[libc-commits] [libc] [libc] Update GPU documentation pages (PR #84076)

Tue Mar 5 16:11:02 PST 2024

================
@@ -78,11 +121,120 @@ inspect the resulting code. This can be done using the following utilities:
 
 .. code-block:: sh
 
-   $> llvm-ar x libcgpu.a strcmp.cpp.o
-   $> clang-offload-packager strcmp.cpp.o --image=arch=gfx90a,file=gfx90a.bc
-   $> opt -S out.bc
-   ...
+  $> llvm-ar x libcgpu.a strcmp.cpp.o
+  $> clang-offload-packager strcmp.cpp.o --image=arch=generic,file=gfx90a.bc
+  $> opt -S out.bc
+  ...
 
 Please note that this fat binary format is provided for compatibility with
 existing offloading toolchains. The implementation in ``libc`` does not depend
 on any existing offloading languages and is completely freestanding.
+
+Direct compilation
+------------------
+
+Instead of using standard offloading languages, we can also target the CPU
+directly using C and C++ to create a GPU executable similarly to OpenCL. This is
+done by targeting the GPU architecture directly using `clang's cross compilation
+support https://clang.llvm.org/docs/CrossCompilation.html`_. This is the method
+that the GPU C library uses both to provide its definitions and to run tests.
+
+This allows us to easily define GPU specific libraries and programs that fit
+well into existing tools. In order to target the GPU effectively we rely heavily
+on the compiler's intrinsic and built-in functions.

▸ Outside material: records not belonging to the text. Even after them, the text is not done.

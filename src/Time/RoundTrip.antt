-- ===== src/Time/RoundTrip.antt =====
-- The conversions between dates and timestamps invert each other.
use dvida_oxide.Prelude.{
  ℕ, suc, ◌+◌, ◌-◌, ◌*◌, ◌/◌, ◌%◌, ◌≤◌, ◌<◌, ◌≡◌, refl, ◌∙◌, sym, ap, subst, Option, some, arith,
}
use dvida_oxide.Prelude.Int.{ℤ, pos, div_ℤ, mod_ℤ, as_word, +ℤ_pos}
use dvida_oxide.Time.{
  RtcDateTime, days_in_month, split_years, split_months, calculate_weekday,
  unix_timestamp_to_datetime, datetime_to_unix_timestamp,
}
use dvida_oxide.Time.Days.{
  IsDate, year_length, days_before_year, days_before_month, days_before_year-suc,
  days_before_year-ge, days_before_year_epoch, unix_days, unix_seconds,
  datetime_to_unix_timestamp_lem,
}
use dvida_oxide.Time.Datetime.{
  last_year, month_length, month_length_lem, FindsYear, FindsMonth, split_years-FindsYear,
  split_months-FindsMonth, days_in_month-AreLengths, days_before_year_mono, days_before_month_mono,
}

-- A date and time of day that exist, from 1970 to the last year of a `u16`.
pub record IsDatetime (dt : RtcDateTime) : Type 0 where
  pub date : IsDate dt
  pub day_to : dt.day ≤ month_length dt.year dt.month
  pub year_to : dt.year ≤ last_year
  pub hour_to : dt.hour < 24
  pub minute_to : dt.minute < 60
  pub second_to : dt.second < 60

-- The first timestamp whose year is no `u16`.
abbrev pub end_of_time : ℕ
end_of_time = (days_before_year (last_year + 1) - 719162) * 86400

month_length-le : (year month : ℕ) → 1 ≤ month → month_length year month ≤ 31
month_length-le year month h = ground arith

-- `run` returned the date of the timestamp.
pub record Converts (timestamp : ℕ) (run : Option RtcDateTime) : Type 0 where
  pub out : RtcDateTime
  pub returns : run ≡ some out
  pub exists : IsDatetime out
  pub seconds : unix_seconds out ≡ timestamp
  pub on : out.weekday ≡ calculate_weekday out.year out.month out.day

year_of :
    (days : ℕ)
    → days < days_before_year (last_year + 1) - 719162
    → FindsYear days 1970 (split_years (days + 1) (pos days) 1970)
year_of days h =
    split_years-FindsYear (days + 1) days 1970 (omega arith) (omega arith) (omega arith)
      (omega (arith, days_before_year_epoch))

month_of :
    (year days : ℕ)
    → days < year_length year
    → FindsMonth year days 1 13 (split_months year days_in_month 0 (pos days) 1)
month_of year days h =
    split_months-FindsMonth year days_in_month 0 days (days_in_month-AreLengths year) (ground arith)

-- The number of a day found by the loops.
found_day :
    (days year year_days month month_days : ℕ)
    → 1970 ≤ year
    → days_before_year year + year_days ≡ days_before_year 1970 + days
    → days_before_month year month + month_days ≡ days_before_month year 1 + year_days
    → unix_days year month (month_days + 1) ≡ days
found_day days year year_days month month_days from y m =
    omega (arith, days_before_year_epoch, days_before_year-ge year from)

found_datetime : ℕ → ℕ → ℕ → ℕ → RtcDateTime
found_datetime rest year month day = record {
  second = rest % 3600 % 60;
  minute = rest % 3600 / 60;
  hour = rest / 3600;
  day = day;
  month = month;
  year = year;
  weekday = calculate_weekday year month day;
}

returned :
    (timestamp year_days year month_days month : ℕ)
    → split_years (timestamp / 86400 + 1) (pos (timestamp / 86400)) 1970
      ≡ some (pos year_days, year)
    → split_months year days_in_month 0 (pos year_days) 1 ≡ (pos month_days, month)
    → month_days < 31
    → unix_timestamp_to_datetime (pos timestamp)
      ≡ some (found_datetime (timestamp % 86400) year month (month_days + 1))
unfolding unix_timestamp_to_datetime found_datetime div_ℤ mod_ℤ as_word
returned timestamp year_days year month_days month y m short =
    let day : (month_days + 1) % 256 ≡ month_days + 1 = omega arith in
    rw (y, m, +ℤ_pos, day, unix_timestamp_to_datetime) (ground arith)

found_seconds :
    (timestamp year month day : ℕ)
    → unix_days year month day ≡ timestamp / 86400
    → unix_seconds (found_datetime (timestamp % 86400) year month day) ≡ timestamp
unfolding found_datetime
found_seconds timestamp year month day e = omega arith

pub unix_timestamp_to_datetime-Converts :
    (timestamp : ℕ)
    → timestamp < end_of_time
    → Converts timestamp (unix_timestamp_to_datetime (pos timestamp))
unfolding found_datetime
unix_timestamp_to_datetime-Converts timestamp h =
    let rest = timestamp % 86400 in
    let y = year_of (timestamp / 86400) (omega arith) in
    let m = month_of y.found y.left y.within in
    let short = month_length-le y.found m.found m.above in
    record {
      out = found_datetime rest y.found m.found (m.left + 1);
      returns =
          returned timestamp y.left y.found m.left m.found y.returns m.returns
            (omega (arith, m.within, short));
      exists = record {
        date = record {
          year_from = y.above;
          month_from = m.above;
          month_to = omega (arith, m.below);
          day_from = omega arith;
        };
        day_to = omega (arith, m.within);
        year_to = y.word;
        hour_to = omega arith;
        minute_to = omega arith;
        second_to = omega arith;
      };
      seconds =
          found_seconds timestamp y.found m.found (m.left + 1)
            (found_day (timestamp / 86400) y.found y.left m.found m.left y.above y.total m.total);
      on = refl;
    }

-- From a timestamp to its date and back: every timestamp from 0 up to the end of the year 65535
-- has a date, which exists, and `datetime_to_unix_timestamp` returns the timestamp for it.
pub unix_timestamp_to_datetime-datetime_to_unix_timestamp :
    (timestamp : ℕ)
    → timestamp < end_of_time
    → (dt : RtcDateTime) × (unix_timestamp_to_datetime (pos timestamp) ≡ some dt)
      × IsDatetime dt
      × (datetime_to_unix_timestamp dt ≡ some (pos timestamp))
unix_timestamp_to_datetime-datetime_to_unix_timestamp timestamp h =
    let c = unix_timestamp_to_datetime-Converts timestamp h in
    (
      c.out,
      c.returns,
      c.exists,
      datetime_to_unix_timestamp_lem c.out c.exists.date ∙ ap (λ n. some (pos n)) c.seconds,
    )

year_unique :
    (y y' a a' : ℕ)
    → 1970 ≤ y
    → days_before_year y + a ≡ days_before_year y' + a'
    → a < year_length y
    → ¬ (suc y ≤ y')
year_unique y y' a a' lo e h lt =
    let at : y + 1 + (y' - (y + 1)) ≡ y' = omega arith in
    omega (
      arith,
      days_before_year-suc y,
      subst (λ k. days_before_year (y + 1) ≤ days_before_year k) at
          (days_before_year_mono (y' - (y + 1)) (y + 1) (omega arith)),
    )

month_unique :
    (year m m' a a' : ℕ)
    → 1 ≤ m
    → days_before_month year m + a ≡ days_before_month year m' + a'
    → a < month_length year m
    → ¬ (suc m ≤ m')
month_unique year m m' a a' lo e h lt = omega (
  arith,
  month_length_lem year m lo,
  days_before_month_mono year (m + 1) m' (omega arith) (omega arith),
)

year_day-lt :
    (dt : RtcDateTime)
    → IsDatetime dt
    → days_before_month dt.year dt.month + (dt.day - 1) < year_length dt.year
year_day-lt dt d =
    let all : days_before_month dt.year 13 ≡ year_length dt.year = ground arith in
    omega (
      arith,
      all,
      month_length_lem dt.year dt.month d.date.month_from,
      days_before_month_mono dt.year (dt.month + 1) 13 (omega arith)
          (omega (arith, d.date.month_to)),
    )

module _ (d d' : RtcDateTime) (v : IsDatetime d) (v' : IsDatetime d')
    (same : unix_seconds d ≡ unix_seconds d') where
  same_days : unix_days d.year d.month d.day ≡ unix_days d'.year d'.month d'.day
  same_days = omega (arith, v.hour_to, v'.hour_to)

  same_year : d.year ≡ d'.year
  same_year =
      let y = days_before_year-ge d.year v.date.year_from in
      let y' = days_before_year-ge d'.year v'.date.year_from in
      let a = days_before_month d.year d.month + (d.day - 1) in
      let a' = days_before_month d'.year d'.month + (d'.day - 1) in
      let e : days_before_year d.year + a ≡ days_before_year d'.year + a' =
        omega (arith, same_days) in
      omega (
        arith,
        year_unique d.year d'.year a a' v.date.year_from e (year_day-lt d v),
        year_unique d'.year d.year a' a v'.date.year_from (sym e) (year_day-lt d' v'),
      )

  same_month_days :
      days_before_month d.year d.month + (d.day - 1)
      ≡ days_before_month d.year d'.month + (d'.day - 1)
  same_month_days =
      let y = days_before_year-ge d.year v.date.year_from in
      let y' = days_before_year-ge d'.year v'.date.year_from in
      omega (
        arith,
        same_days,
        ap days_before_year same_year,
        ap (λ k. days_before_month k d'.month) same_year,
      )

  same_month : d.month ≡ d'.month
  same_month =
      let to : d'.day - 1 < month_length d.year d'.month =
        rw same_year (omega (arith, v'.day_to, v'.date.day_from)) in
      omega (
        arith,
        month_unique d.year d.month d'.month (d.day - 1) (d'.day - 1) v.date.month_from
            same_month_days (omega (arith, v.day_to, v.date.day_from)),
        month_unique d.year d'.month d.month (d'.day - 1) (d.day - 1) v'.date.month_from
            (sym same_month_days) to,
      )

  same_day : d.day ≡ d'.day
  same_day = omega (
    arith,
    same_month_days,
    ap (days_before_month d.year) same_month,
    v.date.day_from,
    v'.date.day_from,
  )

  same_datetime :
      d.weekday ≡ calculate_weekday d.year d.month d.day
      → d'.weekday ≡ calculate_weekday d'.year d'.month d'.day
      → d ≡ d'
  same_datetime w w' =
      let seconds : d.second ≡ d'.second = omega (arith, same_days) in
      let minutes : d.minute ≡ d'.minute = omega (arith, same_days) in
      let hours : d.hour ≡ d'.hour = omega (arith, same_days) in
      let on : d.weekday ≡ d'.weekday = cc (same_year, same_month, same_day) in
      λ i. record {
        second = seconds i;
        minute = minutes i;
        hour = hours i;
        day = same_day i;
        month = same_month i;
        year = same_year i;
        weekday = on i;
      }

before_end : (dt : RtcDateTime) → IsDatetime dt → unix_seconds dt < end_of_time
before_end dt v =
    let at : dt.year + 1 + (last_year - dt.year) ≡ last_year + 1 = omega (arith, v.year_to) in
    omega (
      arith,
      year_day-lt dt v,
      days_before_year-suc dt.year (omega (arith, v.date.year_from)),
      days_before_year-ge dt.year v.date.year_from,
      subst (λ k. days_before_year (dt.year + 1) ≤ days_before_year k) at
          (days_before_year_mono (last_year - dt.year) (dt.year + 1) (omega arith)),
    )

-- From a date to its timestamp and back: a date and time of day that exist, from 1970 up to the
-- year 65535 and with the weekday of `calculate_weekday`, come back from their timestamp.
pub datetime_to_unix_timestamp-unix_timestamp_to_datetime :
    (dt : RtcDateTime)
    → IsDatetime dt
    → dt.weekday ≡ calculate_weekday dt.year dt.month dt.day
    → (timestamp : ℤ) × (datetime_to_unix_timestamp dt ≡ some timestamp)
      × (unix_timestamp_to_datetime timestamp ≡ some dt)
datetime_to_unix_timestamp-unix_timestamp_to_datetime dt v on =
    let c = unix_timestamp_to_datetime-Converts (unix_seconds dt) (before_end dt v) in
    (
      pos (unix_seconds dt),
      datetime_to_unix_timestamp_lem dt v.date,
      c.returns ∙ ap some (same_datetime c.out dt c.exists v c.seconds c.on on),
    )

For example, the following
+function gets the thread identifier in the 'x' dimension on both GPUs.
+
+.. code-block:: c++
+
+  uint32_t get_thread_id_x() {
+  #if defined(__AMDGPU__)
+    return __builtin_amdgcn_workitem_id_x();
+  #elif defined(__NVPTX__)
+    return __nvvm_read_ptx_sreg_tid_x();
+  #else
+  #error "Unsupported platform"
+  #endif
+  }
+
+We can then compile this for both NVPTX and AMDGPU into LLVM-IR using the
+following commands.
+
+.. code-block:: sh
+
+  $> clang id.c --target=amdgcn-amd-amdhsa -mcpu=native -nogpulib -flto -c
+  $> clang id.c --target=nvptx64-nvidia-cuda -march=native -nogpulib -flto -c
+
+This support allows us to treat the GPU as a hosted environment by providing a C
+library and startup object just like a standard C library running on the host
+machine. Then, in order to execute these images we provide a loader utility to
+launch the executable on the GPU similar to a cross-compiling emulator.
+
+Building for AMDGPU targets
+^^^^^^^^^^^^^^^^^^^^^^^^^^^
+
+The AMDGPU target supports several features natively by virtue of using ``lld``
+as its linker. The installation will include the ``include/amdgcn-amd-amdhsa``
+and ``lib/amdgcn-amd-amdha`` directories that contain the necessary code to use
+the library. We can directly link against ``libc.a`` and use LTO to generate the
+final executable. The ``crt1.o`` object contains the kernels necessary to launch
+the ``main`` function.
+
+.. code-block:: c++
+
+  #include <stdio.h>
+
+  int main() { fputs("Hello from AMDGPU!\n", stdout); }
+
+This function can be compiled with the C library support. Note that ``-flto``
+and ``-mcpu=`` should be defined. This is because the GPU subarchitectures do
+not have strict backwards compatibility. Use ``-mcpu=help`` for accepted
+arguments or ``-mcpu=native`` to target the system's installed GPUs if present.
+Once built, we use the ``amdhsa-loader`` utility to launch execution on the GPU.
+This will be built if the ``hsa_runtime64`` library was found during build time.
+
+.. code-block:: sh
+
+  $> clang hello.c --target=amdgcn-amd-amdhsa -mcpu=native -flto -lc <install>/lib/amdgcn-amd-amdhsa/crt1.o
----------------
jhuber6 wrote:

Yes, the text above explains why
> Note that ``-flto`` and ``-mcpu=`` should be defined. This is because the GPU subarchitectures do
not have strict backwards compatibility. Use ``-mcpu=help`` for accepted
arguments or ``-mcpu=native`` to target the system's installed GPUs if present.

https://github.com/llvm/llvm-project/pull/84076